There was a fascinating article in the Washington Post last May about Dilbert creator Scott Adams’ battle with focal dystonia. Though the symptoms of this disorder are involuntary muscle contractions (in Adams’ case, his right pinky finger), the root of the problem is in the brain. For Adams, it has meant suspending his cartooning career more than once. The first time, he taught himself to draw with his left hand, only to see the symptoms reappear there. He’s also tried grueling physical therapy regimens. His most recent effort to battle dystonia has been drawing his cartoons using a computer graphics tablet.

So what’s different about brains with focal dystonia? Neuroimaging has found that the basal ganglia is the affected area of the brain — not surprisingly, this is the area responsible for motor control. People suffering from focal dystonia are also limited in their ability to plan and execute muscle movements. So though the most common form of focal hand dystonia is simply called “writer’s cramp,” clearly there’s much more going on here.

If focal dystonia affects not only our ability to control muscles, but also planning muscle movement, maybe it affects how we think about movement as well. Remember, we’ve discussed how memory for visual images appears to make use of the visual system. Perhaps thinking about moving body parts also relies on the basal ganglia. In a pioneering experiment in 1971, Roger Shepard and Jacqueline Metzler found that when people try to determine if two objects are the same, the time the decision takes corresponds to how far the objects are rotated. If one object is rotated, say 90 degrees compared to the other, then the comparison takes less time than if the object is rotated by 180 degrees. They concluded that people must mentally rotate the objects in order to make the comparison.

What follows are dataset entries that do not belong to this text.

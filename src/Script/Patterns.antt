-- ===== src/Script/Patterns.antt =====
-- The two regular expressions of `ScriptParser::parse_simple_command`.
use ahk_unix.Base.{[], ◌∷◌, Option, some, Bytes, codes}
use ahk_unix.Text.Regex.{skip_space, match_char, match_ident, match_int, match_end, ◌>>=◌}

-- A literal word, as it stands.
unfoldable pub match_word : Bytes → Bytes → Option Bytes
unfolding match_char
match_word [] s = some s
match_word (c ∷ p) s = match_char c s >>= match_word p

-- `^\s*random\s*,\s*([A-Za-z_]\w*)\s*,\s*(-?\d+)\s*,\s*(-?\d+)\s*$`
unfoldable pub match_random : Bytes → Option (Bytes × Bytes × Bytes)
unfolding match_word match_char match_ident match_int
match_random line = do
  s ← match_word (codes "random") (skip_space line)
  s ← match_char b',' (skip_space s)
  (name, s) ← match_ident (skip_space s)
  s ← match_char b',' (skip_space s)
  (lo, s) ← match_int (skip_space s)
  s ← match_char b',' (skip_space s)
  (hi, s) ← match_int (skip_space s)
  match_end (name, lo, hi) (skip_space s)

-- `^\s*([A-Za-z_]\w*)\+\+\s*$`
unfoldable pub match_increment : Bytes → Option Bytes
unfolding match_char match_ident
match_increment line = do
  (name, s) ← match_ident (skip_space line)
  s ← match_char b'+' s
  s ← match_char b'+' s
  match_end name (skip_space s)
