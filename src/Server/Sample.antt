-- ===== src/Server/Sample.antt =====
-- Small functions in place of Go's packages, which satisfy `HostLaws` and `RecordLaws`: they show that
-- the laws can hold, and run the examples.
use medb.Base.{
  ◌≡◌, refl, ap, ◌∙◌, ℕ, zero, suc, ◌-◌, Bool, true, false, ◌==◌, Option, none, some, [], ◌∷◌, ◌++◌,
  arith, Bytes, bytes, bytes_eq, bytes_eq_refl, length, length-append, take, take-append, drop, leb,
  if◌then◌else◌,
}
use medb.Name.{has_suffix}
use medb.Codec.Sample.{put_field, get_field, get_field-put_field}
use medb.Db.Opening.{pos}
use medb.Server.{Host}
use medb.Server.Roles.{
  Role, role_reader, role_writer, role_admin, role_other, valid_role, valid_hex_id, all_hex,
  is_hex_digit,
}
use medb.Server.Auth.{User, Token, AuthStore, parse_utc_timestamp}
use medb.Server.Fresh.{HostLaws}
use medb.Server.Records.{RecordLaws}

abbrev pub token_id_1 : Bytes
token_id_1 = bytes "bbbbbbbbbbbbbbbbbbbbbbbbbbbbbbbbbbbbbbbbbbbbbbbbbbbbbbbbbbbbbbbb"

-- An instant as so many digits.
unfoldable pub stamp : ℕ → Bytes
stamp zero = bytes "Z"
stamp (suc t) = b'0' ∷ stamp t

abbrev pub host : Host
host = record {
  valid_utf8 = λ s. true;
  parse_time = λ s. some (length s - 1);
  format_time = stamp;
  decode_base64 = λ s. some (take (length s - 11) s);
  encode_base64 = λ b. b ++ bytes "AAAAAAAAAAA";
  digest = λ s. token_id_1;
  json_string = λ s. some s;
  json_bool = λ s. some true;
  trim_space = λ s. s;
  split_fields = λ s. bytes "Bearer" ∷ (s ∷ []);
  equal_fold = bytes_eq;
}

length-stamp : (t : ℕ) → length (stamp t) ≡ suc t
unfolding stamp
length-stamp zero = refl
length-stamp (suc t) = omega (arith, length-stamp t)

drop-stamp : (t : ℕ) → drop t (stamp t) ≡ bytes "Z"
unfolding stamp
drop-stamp zero = refl
drop-stamp (suc t) = drop-stamp t

stamp_back : (t : ℕ) → parse_utc_timestamp host (stamp t) ≡ some t
unfolding parse_utc_timestamp has_suffix
stamp_back t =
    let less : suc t - 1 ≡ t = omega arith in
    let long : leb 1 (suc t) ≡ true = ground arith in
    rw (length-stamp t) (rw (long, less, drop-stamp t) (rw (bytes_eq_refl (bytes "Z"))))

encode_back : (b : Bytes) → host.decode_base64 (host.encode_base64 b) ≡ some b
encode_back b =
    let less : length (b ++ bytes "AAAAAAAAAAA") - 11 ≡ length b =
      omega (arith, length-append b (bytes "AAAAAAAAAAA")) in
    ap some (rw less (take-append b (bytes "AAAAAAAAAAA")))

token_id_hex : valid_hex_id token_id_1 64 ≡ true
unfolding valid_hex_id all_hex is_hex_digit
token_id_hex = refl

pub host_laws : HostLaws host 1000
host_laws = record {
  digest_hex = λ s. token_id_hex;
  ascii_text = λ s all. refl;
  encode_length = λ b size. omega (arith, length-append b (bytes "AAAAAAAAAAA"));
  encode_back = encode_back;
  time_back = λ t early. stamp_back t;
  parsed_back = λ s t e. stamp_back t;
}

-- A record as its tags and its texts, each ended by a zero.
unfoldable pub role_tag : Role → ℕ
role_tag role_reader = 0
role_tag role_writer = 1
role_tag _ = 2

unfoldable pub tag_role : ℕ → Role
tag_role t = if t == 0 then role_reader else if t == 1 then role_writer else role_admin

unfoldable pub put_user : User → Bytes
put_user u =
    role_tag u.role
    ∷ ((if u.disabled then 1 else 0)
        ∷ (put_field u.user_name ++ (put_field u.created_at ++ (put_field u.updated_at ++ []))))

unfoldable pub take_user : Bytes → Option User
take_user (role ∷ (disabled ∷ line)) = elim (get_field line) [
  | none ↦ none
  | some (name, line') ↦ elim (get_field line') [
    | none ↦ none
    | some (created, line'') ↦ elim (get_field line'') [
      | none ↦ none
      | some (updated, _) ↦ some (record {
        user_name = name;
        role = tag_role role;
        disabled = disabled == 1;
        created_at = created;
        updated_at = updated;
      })
    ]
  ]
]
take_user _ = none

role_back : (r : Role) → valid_role r ≡ true → tag_role (role_tag r) ≡ r
unfolding role_tag tag_role valid_role
role_back role_reader h = refl
role_back role_writer h = refl
role_back role_admin h = refl
role_back (role_other b) h = cc

bit_back : (b : Bool) → ((if b then 1 else 0) == 1) ≡ b
bit_back true = refl
bit_back false = refl

user_back : (u : User) → valid_role u.role ≡ true → take_user (put_user u) ≡ some u
unfolding put_user take_user
user_back u known =
    let rest = put_field u.created_at ++ (put_field u.updated_at ++ []) in
    ground (
      arith,
      get_field-put_field u.user_name rest,
      get_field-put_field u.created_at (put_field u.updated_at ++ []),
      get_field-put_field u.updated_at [],
      role_back u.role known,
      bit_back u.disabled,
    )

unfoldable pub put_token : Token → Bytes
put_token t =
    elim t.expires_at [ none ↦ 0 | some _ ↦ 1 ]
    ∷ (put_field t.user_id
        ++ (put_field t.label
            ++ (put_field t.created_at
                ++ (put_field (elim t.expires_at [ none ↦ [] | some e ↦ e ]) ++ []))))

unfoldable pub take_token : Bytes → Option Token
take_token (lasting ∷ line) = elim (get_field line) [
  | none ↦ none
  | some (uid, line1) ↦ elim (get_field line1) [
    | none ↦ none
    | some (label, line2) ↦ elim (get_field line2) [
      | none ↦ none
      | some (created, line3) ↦ elim (get_field line3) [
        | none ↦ none
        | some (expires, _) ↦ some (record {
          user_id = uid;
          label = label;
          created_at = created;
          expires_at = if lasting == 0 then none else some expires;
        })
      ]
    ]
  ]
]
take_token _ = none

token_back : (t : Token) → take_token (put_token t) ≡ some t
unfolding put_token take_token
token_back t =
    let expires : Bytes = elim t.expires_at [ none ↦ [] | some e ↦ e ] in
    let rest2 = put_field t.created_at ++ (put_field expires ++ []) in
    ground (
      arith,
      get_field-put_field t.user_id (put_field t.label ++ rest2),
      get_field-put_field t.label rest2,
      get_field-put_field t.created_at (put_field expires ++ []),
      get_field-put_field expires [],
    )

abbrev pub auth_store : AuthStore
auth_store = record {
  state = record {
    marshal = λ s. some (1 ∷ []);
    unmarshal = λ b. some (record { version = pos 1; auth_initialized = true });
  };
  users = record { marshal = λ u. some (put_user u); unmarshal = take_user };
  tokens = record { marshal = λ t. some (put_token t); unmarshal = take_token };
}

some_back : (b raw : Bytes) → ◌≡◌ {A = Option Bytes} (some b) (some raw) → raw ≡ b
some_back b raw e = ground arith

pub record_laws : RecordLaws host auth_store
record_laws = record {
  state_back = λ raw e. refl;
  user_back =
      λ user raw form e. ap take_user (some_back (put_user user) raw e) ∙ user_back user form.1;
  token_back =
      λ id token raw valid e. ap take_token (some_back (put_token token) raw e) ∙ token_back token;
}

Mirta Fiorio, Michele Tinazzi, and Salvatore Aglioti realized that they could apply Shepard and Metzler’s method to people with focal dystonia. Perhaps focal dystonia also affects the rate of mental rotation. But Fiorio’s team took this analysis one step further: is it possible, since focal dystonia only affects certain regions of the body, that mental rotation is only impaired for those body parts? They worked with 15 people who suffered from writer’s cramp in their right hands, and 15 normal individuals.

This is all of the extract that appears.